To perform the estimation of the overall application we need to estimate its single task on the different processing elements, since most of the methodologies [2, 3] for estimating the overall performance of a system are based on combination of single component performance estimation techniques. The methodology presented in this paper focuses on the performance estimation of Digital Signal Processors (DSP). DSPs are microprocessors specialized for real time computing of digital signals, so they are mainly focused on data intensive applications and this purpose reflects on their architecture [4] . For example, they implement Single Instruction Multiple Data operations, special arithmetic operations such as Multiply and Accumulate and special hardware units to control loop executions.
Independently by the architectural characteristics of a DSP, two are the possible scenarios of use of a DSP in an embedded platform. In the first scenario, the DSP is controlled by a General Purpose Processors which uses it as a co-processor [5, 6] . In the second scenario, DSP is the master component of the architecture and executes directly all the application or at least it controls the computation flow [7] . The estimation methodology presented in this paper is focused on the first scenario since is much more frequent in the Multi Processor System on Chip architectures [8] . The same methodology can be adopted also in the second scenario, but it requires that the target platform (or its simulator) allows to measure the performance of the single functions.

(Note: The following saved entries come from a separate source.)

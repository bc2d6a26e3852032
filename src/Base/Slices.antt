-- ===== src/Base/Slices.antt =====
-- Writing a slice into a list.
use Prim.Native.Nat.{ℕ, zero, suc, ◌+◌, ◌-◌, ◌≤◌, ◌<◌}
use mathlib.Core.Path.{◌≡◌, refl, ap, ◌∙◌}
use mathlib.Core.Logic.{◌⊎◌}
use mathlib.Core.Bool.{◌&&◌}
use mathlib.Core.List.{List, [], ◌∷◌}
use native.Mathlib.Omega.{arith}
use good_os_framework.Base.Lists.{length, get_or, set, length-set, get_or-set_self, get_or-set_ne}
use good_os_framework.Base.Tests.{◌==◌, leb, if◌then◌else◌}
use good_os_framework.Base.Faults.{Outcome, done, panics}

module _ {ℓ} {A : Type ℓ} where
  abbrev pub put_all : List A → ℕ → List A → List A
  put_all xs i [] = xs
  put_all xs i (v ∷ vs) = put_all (set xs i v) (i + 1) vs

  -- `xs[start..end].copy_from_slice(vs)`
  unfoldable pub copy_from_slice : List A → ℕ → ℕ → List A → Outcome (List A)
  copy_from_slice xs start end vs =
      if leb start end && leb end (length xs) && (length vs == end - start)
      then done (put_all xs start vs)
      else panics

  pub length-put_all : (xs : List A) (i : ℕ) (vs : List A) → length (put_all xs i vs) ≡ length xs
  length-put_all xs i [] = refl
  length-put_all xs i (v ∷ vs) = length-put_all (set xs i v) (i + 1) vs ∙ length-set xs i v

  pub get_or-put_all_outside :
      (xs : List A) (i : ℕ) (vs : List A) (j : ℕ) (d : A)
      → (j < i) ⊎ (i + length vs ≤ j)
      → get_or (put_all xs i vs) j d ≡ get_or xs j d
  get_or-put_all_outside xs i [] j d out = refl
  get_or-put_all_outside xs i (v ∷ vs) j d out =
      get_or-put_all_outside (set xs i v) (i + 1) vs j d (omega arith)
      ∙ get_or-set_ne xs i j v d (λ e. omega arith)

  pub get_or-put_all_inside :
      (xs : List A) (i : ℕ) (vs : List A) (k : ℕ) (d : A)
      → i + length vs ≤ length xs
      → k < length vs
      → get_or (put_all xs i vs) (i + k) d ≡ get_or vs k d
  get_or-put_all_inside xs i [] k d fits lt = absurd (omega arith)
  get_or-put_all_inside xs i (v ∷ vs) zero d fits lt =
      get_or-put_all_outside (set xs i v) (i + 1) vs (i + 0) d (omega arith)
      ∙ ap (λ j. get_or (set xs i v) j d) {x = i + 0} {y = i} (omega arith)
      ∙ get_or-set_self xs i v d (omega arith)
  get_or-put_all_inside xs i (v ∷ vs) (suc k) d fits lt =
      ap (λ j. get_or (put_all (set xs i v) (i + 1) vs) j d) {x = i + suc k} {y = i + 1 + k}
        (omega arith)
      ∙ get_or-put_all_inside (set xs i v) (i + 1) vs k d (omega (arith, length-set xs i v))
          (omega arith)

There are two possible strategies to predict the execution time of a function on a DSP: use a simulator or build a mathematical model. The first method can not always be adopted because a cycle-accurate simulator of the target DSP can not be available. Moreover, simulation time can be too long making using of the simulator unsuitable during the tuning of the platform and of the applications.
To speed up simulation, Stolberg et al. [2] propose a methodology which integrates simulation and analysis. In this methodology the application is decomposed in core tasks whose execution time is supposed to be known. These data are then combined with information extracted from analysis of the application to produce the estimation of the whole application. The main disadvantage of this technique is that it requires the execution time of each core present in the application.
An hybrid approach which combines simulation and analysis is also proposed by Gao et al. [3] . Simulation is used to estimate execution time of library functions and the first run of a particular control path (sequence of instructions executed from the starting of a function to its ending) on the DSP. Execution times of the General Purpose Processors are estimated using a linear model built by hand, while successive runs of paths on the DSP are estimated using the data measured during the first runs. This technique assumes that different executions of the same code on different data are performance equivalent. This assumption holds only if the considered DSP has not a data cache. Moreover, it requires to measure directly the execution time of each executed paths, so input data which activate each path have to be computed.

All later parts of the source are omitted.